-- ===== src/Peer/Session/Establishment.antt =====
-- What `finish_handshake` leaves behind.
use salticidae.Base.{
  ℕ, ◌≡◌, refl, sym, ap, ◌∙◌, Bool, true, false, List, [], ◌∷◌, ◌++◌, none, some, ◌==◌, ==_iff,
  Bool-cases, Option-cases, inl, inr,
}
use salticidae.Peer.{
  Conn, Peer, disconnected, connected, State, ping, Outcome, done, throws, aborts, Effect,
}
use salticidae.Peer.Store.{update}
use salticidae.Peer.Session.{
  finish_handshake, move_segments, adopt, reset_ping_timer, send_ping, heartbeat, deleted,
}

pub ==-self : (n : ℕ) → (n == n) ≡ true
==-self n = (==_iff n n).1 refl

pub update-same : {A : Type 0} (k : ℕ) (a : A) (f : ℕ → A) → update k a f k ≡ a
update-same k a f = rw (==-self k) refl

-- The handler returns; the Peer `q` is connected by the connection `c`, which points to it, and has
-- all its retries again.
abbrev pub Establishes : ℕ → ℕ → Outcome (Unit {0}) → Type 0
Establishes q c (done u t) =
    (r : Peer) × (t.peers q ≡ some r)
    × (r.state ≡ connected)
    × (r.conn ≡ c)
    × (r.cur_ntry ≡ r.ntry)
    × ((t.conns c).peer ≡ some q)
Establishes q c (throws e t) = ⊥
Establishes q c aborts = ⊥

-- Moving segments changes the log alone.
move_segments-done :
    (new : ℕ) (segs : List (List ℕ)) (s : State)
    → (left : List (List ℕ)) × (log : List Effect) × (move_segments new segs s
        ≡ done left (record s { log = log }))
unfolding move_segments
move_segments-done new [] s = ([], s.log, refl)
move_segments-done new ([] ∷ segs) s = (segs, s.log, refl)
move_segments-done new ((b ∷ bs) ∷ segs) s =
    let (left, log, e) =
      move_segments-done new segs (record s { log = s.log ++ (Effect.writes new (b ∷ bs) ∷ []) }) in
    (left, log, e)

adopt_lem :
    (q c : ℕ) (s : State) (p : Peer)
    → s.peers q ≡ some p
    → p.state ≡ connected
    → p.cur_ntry ≡ p.ntry
    → (s.conns p.conn).terminated ≡ true
    → Establishes q c (adopt q p.conn (some c) s)
unfolding adopt
adopt_lem q c s p e st full over =
    let (left, log, moved) = move_segments-done c (s.conns p.conn).send_buffer s in
    rw (over, moved, e)
      (record p { conn = c }, update-same q _ s.peers, st, refl, full, rw (==-self c) refl)

-- Clearing the `peer` of a connection leaves the others terminated or not as they were.
freed :
    (o i : ℕ) (f : ℕ → Conn)
    → (update o (record (f o) { peer = none }) f i).terminated ≡ (f i).terminated
freed o i f = elim (Bool-cases (i == o)) [
  | inl y ↦ rw y (ap (λ k. (f k).terminated) (sym ((==_iff i o).0 y)))
  | inr n ↦ rw n refl
]

-- The Peer after each of the changes that come before the connections are swapped, and the state
-- that they leave.
abbrev cleared : ℕ → Bool → Peer → Peer
cleared c armed p = record p {
  chosen_conn = some c;
  inbound_conn = none;
  outbound_conn = none;
  ping_timer_armed = armed;
  state = connected;
}

abbrev pinged : ℕ → Peer → Peer
pinged c p = record (cleared c true p) { ping_timer_ok = false; pong_msg_ok = false }

abbrev ready : ℕ → Peer → Peer
ready c p = record (pinged c p) { retry_timer = deleted p.retry_timer; cur_ntry = p.ntry }

abbrev readied : ℕ → ℕ → State → (ℕ → Conn) → Peer → State
readied q c s conns p = record s {
  conns = conns;
  peers = update q (some (ready c p)) (
      update q (some (pinged c p))
        (update q (some (cleared c true p)) (update q (some (cleared c false p)) s.peers)));
  log = (s.log ++ (Effect.resets_timeout c ∷ [])) ++ (Effect.sends c (ping none) ∷ []);
}

-- On a disconnected Peer whose last connection has ended and that has chosen a connection,
-- `finish_handshake` establishes that connection: no assert fails.
pub finish_handshake_lem :
    (q c : ℕ) (s : State) (p : Peer)
    → s.peers q ≡ some p
    → p.state ≡ disconnected
    → p.chosen_conn ≡ some c
    → (s.conns p.conn).terminated ≡ true
    → Establishes q c (finish_handshake q s)
unfolding finish_handshake reset_ping_timer send_ping heartbeat
finish_handshake_lem q c s p e st chosen over = elim (Option-cases p.outbound_conn) [
  | inl none_out ↦
      rw (e, st, none_out, chosen, ==-self q, ==-self q, ==-self q, ==-self q, ==-self q)
        (adopt_lem q c (readied q c s s.conns p) (ready c p) (rw (==-self q) refl) refl refl over)
  | inr (o, out) ↦
      rw (e, st, out, chosen, ==-self q, ==-self q, ==-self q, ==-self q, ==-self q)
        (adopt_lem q c (readied q c s (update o (record (s.conns o) { peer = none }) s.conns) p)
          (ready c p) (rw (==-self q) refl) refl refl (freed o p.conn s.conns ∙ over))
]
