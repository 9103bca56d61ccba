-- ===== src/Peer/Calls/Membership.antt =====
-- The known peers after `add_peer` and `del_peer`.
use salticidae.Base.{
  ℕ, ◌≡◌, refl, ap, ◌∙◌, ◌⊎◌, inl, inr, true, false, List, [], ◌∷◌, ◌++◌, Option, none, some,
  peer_already_exists, peer_not_exist, ◌==◌, Bool-cases, Option-cases, append_assoc,
}
use salticidae.Peer.{
  passive_nonce, Conn, Peer, disconnected, State, Outcome, done, throws, aborts, Effect, reports,
  terminates,
}
use salticidae.Peer.Store.{update}
use salticidae.Peer.Session.Establishment.{==-self}
use salticidae.Peer.Calls.{add_peer, del_peer, enter, new_peer, new_conn, erase, forget}

-- A Peer that is new to the network is known under its id: disconnected, passive, with no address, and
-- with a connection that has ended. The other peers are as they were.
abbrev pub Adds : ℕ → State → Outcome (Unit {0}) → Type 0
Adds pid s (done u t) =
    (q : ℕ) × (p : Peer) × (t.known_peers pid ≡ some q)
    × (t.peers q ≡ some p)
    × (p.state ≡ disconnected)
    × (p.nonce ≡ passive_nonce)
    × ((t.conns p.conn).terminated ≡ true)
    × ((t.conns p.conn).peer ≡ some q)
    × ((i : ℕ) → (i == pid) ≡ false → t.known_peers i ≡ s.known_peers i)
Adds pid s (throws e t) = ⊥
Adds pid s aborts = ⊥

-- `add_peer` adds a peer that is not known. For one that is known it reports peer_already_exists
-- under the id of the call and changes nothing else.
pub add_peer_lem :
    (pid id : ℕ) (s : State)
    → ((s.known_peers pid ≡ none) × Adds pid s (add_peer pid id s))
      ⊎ ((q : ℕ) × (s.known_peers pid ≡ some q)
          × (add_peer pid id s
              ≡ done tt (record s { log = s.log ++ (reports peer_already_exists id ∷ []) })))
unfolding add_peer enter new_peer new_conn
add_peer_lem pid id s = elim (Option-cases (s.known_peers pid)) [
  | inl fresh ↦ inl (
    fresh,
    rw fresh (
      s.next_peer,
      new_peer s.next_conn,
      rw (==-self pid) refl,
      rw (==-self s.next_peer) refl,
      refl,
      refl,
      rw (==-self s.next_conn) refl,
      rw (==-self s.next_conn) refl,
      λ i ne. rw ne refl,
    ),
  )
  | inr (q, old) ↦ inr (q, old, rw old refl)
]

-- A Peer that is gone: its id is unknown, the object is deleted, its connection is being terminated
-- and no longer points to it. The other peers are as they were.
abbrev pub Removes : ℕ → ℕ → Peer → State → Outcome (Unit {0}) → Type 0
Removes pid q p s (done u t) =
    (t.known_peers pid ≡ none)
    × (t.peers q ≡ none)
    × ((t.conns p.conn).peer ≡ none)
    × ((later : List Effect) × (t.log ≡ s.log ++ (terminates p.conn ∷ later)))
    × ((i : ℕ) → (i == pid) ≡ false → t.known_peers i ≡ s.known_peers i)
Removes pid q p s (throws e t) = ⊥
Removes pid q p s aborts = ⊥

abbrev unlinked : ℕ → (ℕ → Conn) → ℕ → Conn
unlinked k f = update k (record (f k) { peer = none }) f

-- Clearing the `peer` of a connection keeps those that are cleared.
still_free : (o i : ℕ) (f : ℕ → Conn) → (f i).peer ≡ none → (unlinked o f i).peer ≡ none
still_free o i f h = elim (Bool-cases (i == o)) [ inl y ↦ rw y refl | inr n ↦ rw n h ]

gone : {A : Type 0} (k : ℕ) (f : ℕ → Option A) → update k none f k ≡ none
gone k f = rw (==-self k) refl

freed : (k : ℕ) (f : ℕ → Conn) → (unlinked k f k).peer ≡ none
freed k f = rw (==-self k) refl

-- `del_peer` removes a known peer. For one that is not known it reports peer_not_exist under the id of
-- the call and changes nothing else. The condition is that a known id has its Peer object.
pub del_peer_lem :
    (pid id : ℕ) (s : State)
    → ((q : ℕ) → s.known_peers pid ≡ some q → (p : Peer) × (s.peers q ≡ some p))
    → ((q : ℕ) × (p : Peer) × (s.known_peers pid ≡ some q)
        × (s.peers q ≡ some p)
        × Removes pid q p s (del_peer pid id s))
      ⊎ ((s.known_peers pid ≡ none)
          × (del_peer pid id s
              ≡ done tt (record s { log = s.log ++ (reports peer_not_exist id ∷ []) })))
unfolding del_peer erase forget
del_peer_lem pid id s live = elim (Option-cases (s.known_peers pid)) [
  | inl fresh ↦ inr (fresh, rw fresh refl)
  | inr (q, old) ↦
      let (p, e) = live q old in
      inl (
        q,
        p,
        old,
        e,
        rw (old, e)
            (elim (Option-cases p.inbound_conn) [
              | inl ei ↦ elim (Option-cases p.outbound_conn) [
                | inl eo ↦
                    rw (ei, eo)
                      (
                        gone pid s.known_peers,
                        gone q s.peers,
                        freed p.conn s.conns,
                        ([], refl),
                        others,
                      )
                | inr (o, eo) ↦
                    rw (ei, eo)
                      (
                        gone pid s.known_peers,
                        gone q s.peers,
                        still_free o p.conn (unlinked p.conn s.conns) (freed p.conn s.conns),
                        (_, append_assoc s.log _ _),
                        others,
                      )
              ]
              | inr (n, ei) ↦ elim (Option-cases p.outbound_conn) [
                | inl eo ↦
                    rw (ei, eo)
                      (
                        gone pid s.known_peers,
                        gone q s.peers,
                        still_free n p.conn (unlinked p.conn s.conns) (freed p.conn s.conns),
                        (_, append_assoc s.log _ _),
                        others,
                      )
                | inr (o, eo) ↦
                    rw (ei, eo)
                      (
                        gone pid s.known_peers,
                        gone q s.peers,
                        still_free o p.conn (unlinked n (unlinked p.conn s.conns))
                            (still_free n p.conn (unlinked p.conn s.conns) (freed p.conn s.conns)),
                        (
                          _,
                          ap (λ l. l ++ (terminates o ∷ [])) (append_assoc s.log _ _)
                              ∙ append_assoc s.log _ _,
                        ),
                        others,
                      )
              ]
            ]),
      )
]
  where
    others : (i : ℕ) → (i == pid) ≡ false → update pid none s.known_peers i ≡ s.known_peers i
    others i ne = rw ne refl
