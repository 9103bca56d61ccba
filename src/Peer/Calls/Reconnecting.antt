-- ===== src/Peer/Calls/Reconnecting.antt =====
-- What `conn_peer` makes of a peer.
use salticidae.Base.{
  ℕ, ◌≡◌, refl, ◌⊎◌, inl, inr, Bool, true, false, List, [], ◌∷◌, ◌++◌, none, some, peer_not_exist,
  peer_not_ready, ℤ, is_nonzero, Bool-cases, Option-cases,
}
use salticidae.NetAddr.{is_null}
use salticidae.Peer.{
  Peer, PeerState, disconnected, connected, reset, stopped, armed, Delay, State, Outcome, done,
  throws, aborts, Effect, reports, terminates,
}
use salticidae.Peer.Store.{update, caught}
use salticidae.Peer.Session.{add_retry}
use salticidae.Peer.Session.Establishment.{==-self}
use salticidae.Peer.Calls.{conn_peer, restart}

-- What is scheduled, by the state that the Peer had: a first try at once, or the end of its
-- connection, after which the teardown goes on; the log is `log` before.
abbrev pub Schedules : PeerState → Bool → Peer → List Effect → List Effect → Type 0
Schedules disconnected true r log t =
    (r.state ≡ disconnected) × (r.retry_timer ≡ armed Delay.immediate) × (t ≡ log)
Schedules disconnected false r log t =
    (r.state ≡ disconnected) × (r.retry_timer ≡ stopped) × (t ≡ log)
Schedules connected tries r log t =
    (r.state ≡ reset) × (r.retry_timer ≡ stopped) × (t ≡ log ++ (terminates r.conn ∷ []))
Schedules reset tries r log t = (r.state ≡ reset) × (r.retry_timer ≡ stopped) × (t ≡ log)

-- The Peer `q` counts its tries anew, draws a new nonce, and has no handshake connection.
abbrev pub Restarts : ℕ → Peer → ℤ → State → Outcome (Unit {0}) → Type 0
Restarts q p ntry s (done u t) =
    (r : Peer) × (t.peers q ≡ some r)
    × (r.nonce ≡ 0)
    × (r.cur_ntry ≡ ntry)
    × (r.ntry ≡ ntry)
    × (r.inbound_conn ≡ none)
    × (r.outbound_conn ≡ none)
    × (r.conn ≡ p.conn)
    × Schedules p.state (is_nonzero ntry) r s.log t.log
Restarts q p ntry s (throws e t) = ⊥
Restarts q p ntry s aborts = ⊥

restart_lem :
    (q : ℕ) (ntry : ℤ) (s : State) (p : Peer) (st : PeerState)
    → s.peers q ≡ some p
    → p.state ≡ st
    → p.nonce ≡ 0
    → p.cur_ntry ≡ ntry
    → p.ntry ≡ ntry
    → p.inbound_conn ≡ none
    → p.outbound_conn ≡ none
    → p.retry_timer ≡ stopped
    → Restarts q p ntry s (restart q (is_nonzero ntry) st s)
unfolding restart add_retry
restart_lem q ntry s p disconnected e st n c0 c1 i o t = elim (Bool-cases (is_nonzero ntry)) [
  | inl y ↦
      rw (y, e, t, st)
        (
          record p { state = disconnected; retry_timer = armed Delay.immediate },
          rw (==-self q) refl,
          n,
          c0,
          c1,
          i,
          o,
          refl,
          rw y (refl, refl, refl),
        )
  | inr y ↦ rw (y, st) (p, e, n, c0, c1, i, o, refl, rw y (st, t, refl))
]
restart_lem q ntry s p connected e st n c0 c1 i o t =
    rw (e, st)
      (record p { state = reset }, rw (==-self q) refl, n, c0, c1, i, o, refl, (refl, t, refl))
restart_lem q ntry s p reset e st n c0 c1 i o t = rw st (p, e, n, c0, c1, i, o, refl, (st, t, refl))

-- `conn_peer` restarts the tries of a known peer with an address: at once when it is disconnected and
-- some tries are asked for, and by terminating the connection when it is connected. It reports
-- peer_not_exist for an unknown peer and peer_not_ready for one with no address, and then changes
-- nothing else. The condition is that a known id has its Peer object.
pub conn_peer_lem :
    (pid : ℕ) (ntry : ℤ) (id : ℕ) (s : State)
    → ((q : ℕ) → s.known_peers pid ≡ some q → (p : Peer) × (s.peers q ≡ some p))
    → ((s.known_peers pid ≡ none)
        × (conn_peer pid ntry id s
            ≡ done tt (record s { log = s.log ++ (reports peer_not_exist id ∷ []) })))
      ⊎ ((q : ℕ) × (p : Peer) × (s.known_peers pid ≡ some q)
          × (s.peers q ≡ some p)
          × (((is_null p.addr ≡ true)
                × (conn_peer pid ntry id s
                    ≡ done tt (record s { log = s.log ++ (reports peer_not_ready id ∷ []) })))
              ⊎ ((is_null p.addr ≡ false) × Restarts q p ntry s (conn_peer pid ntry id s))))
unfolding conn_peer
conn_peer_lem pid ntry id s live = elim (Option-cases (s.known_peers pid)) [
  | inl fresh ↦ inl (fresh, rw fresh refl)
  | inr (q, old) ↦
      let (p, e) = live q old in
      inr (
        q,
        p,
        old,
        e,
        elim (Bool-cases (is_null p.addr)) [
          | inl null ↦ inl (null, rw (old, e, null) refl)
          | inr set ↦ inr (set, rw (old, e, set) (restarted q p))
        ],
      )
]
  where
    cleared : Peer → Peer
    cleared p = record p {
      nonce = 0;
      ntry = ntry;
      cur_ntry = ntry;
      retry_timer = stopped;
      inbound_conn = none;
      outbound_conn = none;
      ping_timer_armed = false;
    }

    kept :
        (q : ℕ) (p : Peer) (o : Outcome (Unit {0}))
        → Restarts q p ntry s o
        → Restarts q p ntry s (caught (λ e. reports e id) o)
    kept q p (done u t) h = h
    kept q p (throws e t) h = absurd h
    kept q p aborts h = absurd h

    restarted :
        (q : ℕ) (p : Peer)
        → Restarts q p ntry s (
            caught
              (λ e. reports e id)
              (restart q
                (is_nonzero ntry)
                p.state
                (record s { peers = update q (some (cleared p)) s.peers })))
    restarted q p = kept q p _ (
        restart_lem q ntry (record s { peers = update q (some (cleared p)) s.peers }) (cleared p)
          p.state (rw (==-self q) refl) refl refl refl refl refl refl refl)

▸ Activity: Of the entries above, repeat exactly the lines from the line with "p.chosen_conn ≡ some c" through the line with "inl none_out ↦", both of them included.

▸ Result of the task:
    → p.chosen_conn ≡ some c
    → (s.conns p.conn).terminated ≡ true
    → Establishes q c (finish_handshake q s)
unfolding finish_handshake reset_ping_timer send_ping heartbeat
finish_handshake_lem q c s p e st chosen over = elim (Option-cases p.outbound_conn) [
  | inl none_out ↦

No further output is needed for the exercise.